__WHAT THE TASK ASKS__. Scan the material below for "Floats", then return each line that contains it.

__DATA SUPPLIED__.
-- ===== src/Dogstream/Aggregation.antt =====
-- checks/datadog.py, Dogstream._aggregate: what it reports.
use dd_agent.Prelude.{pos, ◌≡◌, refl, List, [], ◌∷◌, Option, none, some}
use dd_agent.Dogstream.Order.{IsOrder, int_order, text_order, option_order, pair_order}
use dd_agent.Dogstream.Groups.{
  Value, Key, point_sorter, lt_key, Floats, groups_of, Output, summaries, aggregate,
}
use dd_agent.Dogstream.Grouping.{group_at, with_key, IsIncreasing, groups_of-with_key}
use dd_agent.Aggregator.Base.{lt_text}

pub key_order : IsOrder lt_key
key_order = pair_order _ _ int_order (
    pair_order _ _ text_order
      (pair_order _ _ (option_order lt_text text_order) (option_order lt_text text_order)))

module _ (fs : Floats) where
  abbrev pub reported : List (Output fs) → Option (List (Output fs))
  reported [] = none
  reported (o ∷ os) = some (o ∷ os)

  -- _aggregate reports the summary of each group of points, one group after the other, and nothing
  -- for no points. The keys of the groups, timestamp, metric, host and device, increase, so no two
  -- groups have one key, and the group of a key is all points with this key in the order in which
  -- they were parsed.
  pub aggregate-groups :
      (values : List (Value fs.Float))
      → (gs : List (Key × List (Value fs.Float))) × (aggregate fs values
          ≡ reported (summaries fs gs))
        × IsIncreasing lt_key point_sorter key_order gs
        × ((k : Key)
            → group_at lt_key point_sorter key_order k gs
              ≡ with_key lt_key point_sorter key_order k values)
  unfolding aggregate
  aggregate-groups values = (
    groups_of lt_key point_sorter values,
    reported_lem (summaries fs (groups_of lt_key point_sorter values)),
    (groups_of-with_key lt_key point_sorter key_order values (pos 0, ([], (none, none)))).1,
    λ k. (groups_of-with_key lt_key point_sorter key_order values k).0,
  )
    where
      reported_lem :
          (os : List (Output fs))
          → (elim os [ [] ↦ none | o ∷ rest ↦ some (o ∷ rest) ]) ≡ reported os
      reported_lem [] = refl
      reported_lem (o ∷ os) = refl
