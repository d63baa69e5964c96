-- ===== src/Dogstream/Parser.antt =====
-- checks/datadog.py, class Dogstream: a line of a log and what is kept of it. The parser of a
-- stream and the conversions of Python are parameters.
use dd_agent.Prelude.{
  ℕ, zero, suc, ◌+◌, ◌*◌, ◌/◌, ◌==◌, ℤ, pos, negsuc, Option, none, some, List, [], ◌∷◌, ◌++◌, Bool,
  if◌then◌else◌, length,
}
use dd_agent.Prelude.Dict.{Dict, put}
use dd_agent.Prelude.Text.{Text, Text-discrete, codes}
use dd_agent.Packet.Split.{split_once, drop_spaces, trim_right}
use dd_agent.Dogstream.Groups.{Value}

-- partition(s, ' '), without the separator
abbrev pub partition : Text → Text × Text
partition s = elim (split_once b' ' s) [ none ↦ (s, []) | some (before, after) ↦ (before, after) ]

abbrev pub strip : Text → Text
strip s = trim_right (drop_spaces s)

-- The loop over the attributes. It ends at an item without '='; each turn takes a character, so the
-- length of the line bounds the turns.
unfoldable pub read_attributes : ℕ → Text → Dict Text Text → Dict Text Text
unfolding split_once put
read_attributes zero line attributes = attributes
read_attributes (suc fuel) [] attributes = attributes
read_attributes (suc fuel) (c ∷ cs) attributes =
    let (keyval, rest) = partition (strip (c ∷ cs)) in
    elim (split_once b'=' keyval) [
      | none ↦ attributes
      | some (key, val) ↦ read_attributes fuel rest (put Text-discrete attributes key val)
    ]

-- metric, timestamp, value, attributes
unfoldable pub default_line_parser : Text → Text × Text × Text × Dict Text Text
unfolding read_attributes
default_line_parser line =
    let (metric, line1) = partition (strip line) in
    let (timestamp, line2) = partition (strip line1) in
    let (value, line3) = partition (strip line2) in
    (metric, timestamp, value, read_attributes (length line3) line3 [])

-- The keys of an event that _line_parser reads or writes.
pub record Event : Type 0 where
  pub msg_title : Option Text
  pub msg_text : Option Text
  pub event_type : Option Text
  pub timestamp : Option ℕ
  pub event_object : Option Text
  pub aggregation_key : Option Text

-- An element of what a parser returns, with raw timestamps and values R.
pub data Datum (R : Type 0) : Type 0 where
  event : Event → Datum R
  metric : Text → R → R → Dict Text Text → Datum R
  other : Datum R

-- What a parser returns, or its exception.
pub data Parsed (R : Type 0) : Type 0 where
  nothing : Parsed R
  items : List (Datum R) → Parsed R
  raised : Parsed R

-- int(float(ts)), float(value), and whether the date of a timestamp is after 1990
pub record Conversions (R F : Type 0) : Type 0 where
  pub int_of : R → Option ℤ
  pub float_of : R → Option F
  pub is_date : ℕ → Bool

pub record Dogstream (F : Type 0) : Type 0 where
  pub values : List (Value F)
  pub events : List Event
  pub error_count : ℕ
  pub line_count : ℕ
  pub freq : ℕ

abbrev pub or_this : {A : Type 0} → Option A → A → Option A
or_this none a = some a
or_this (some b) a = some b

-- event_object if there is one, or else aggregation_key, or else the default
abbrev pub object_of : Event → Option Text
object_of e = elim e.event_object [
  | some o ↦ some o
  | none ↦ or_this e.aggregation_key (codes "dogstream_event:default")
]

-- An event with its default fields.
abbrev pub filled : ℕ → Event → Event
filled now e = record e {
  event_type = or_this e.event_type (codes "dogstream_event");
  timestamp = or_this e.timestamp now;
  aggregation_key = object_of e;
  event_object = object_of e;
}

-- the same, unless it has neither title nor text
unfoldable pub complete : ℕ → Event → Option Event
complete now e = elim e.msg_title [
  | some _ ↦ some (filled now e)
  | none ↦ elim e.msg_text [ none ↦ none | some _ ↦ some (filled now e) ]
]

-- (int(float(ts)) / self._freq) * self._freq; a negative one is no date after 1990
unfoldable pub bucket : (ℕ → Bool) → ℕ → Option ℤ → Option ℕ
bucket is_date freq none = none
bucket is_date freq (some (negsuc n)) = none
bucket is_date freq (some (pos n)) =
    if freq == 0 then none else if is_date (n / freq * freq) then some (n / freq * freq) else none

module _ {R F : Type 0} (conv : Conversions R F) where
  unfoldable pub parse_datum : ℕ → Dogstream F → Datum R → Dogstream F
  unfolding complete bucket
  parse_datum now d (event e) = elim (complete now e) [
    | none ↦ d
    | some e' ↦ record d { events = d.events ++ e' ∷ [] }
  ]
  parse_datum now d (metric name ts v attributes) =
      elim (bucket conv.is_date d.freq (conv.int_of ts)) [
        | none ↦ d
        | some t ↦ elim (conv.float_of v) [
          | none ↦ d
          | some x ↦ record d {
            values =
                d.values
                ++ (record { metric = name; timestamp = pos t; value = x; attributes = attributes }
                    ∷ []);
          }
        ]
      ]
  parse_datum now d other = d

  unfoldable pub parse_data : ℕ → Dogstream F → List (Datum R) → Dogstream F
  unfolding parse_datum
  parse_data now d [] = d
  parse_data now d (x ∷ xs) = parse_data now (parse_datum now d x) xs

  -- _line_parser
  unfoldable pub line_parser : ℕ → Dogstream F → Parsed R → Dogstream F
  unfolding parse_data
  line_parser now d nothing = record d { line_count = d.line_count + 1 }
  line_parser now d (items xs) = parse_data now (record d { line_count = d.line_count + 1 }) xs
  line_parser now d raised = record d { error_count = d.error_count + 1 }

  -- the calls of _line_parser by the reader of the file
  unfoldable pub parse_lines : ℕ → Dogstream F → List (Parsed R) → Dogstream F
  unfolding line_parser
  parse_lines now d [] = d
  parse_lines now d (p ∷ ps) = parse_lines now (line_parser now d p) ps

__TASK SOLUTION__.
  Value, Key, point_sorter, lt_key, Floats, groups_of, Output, summaries, aggregate,
module _ (fs : Floats) where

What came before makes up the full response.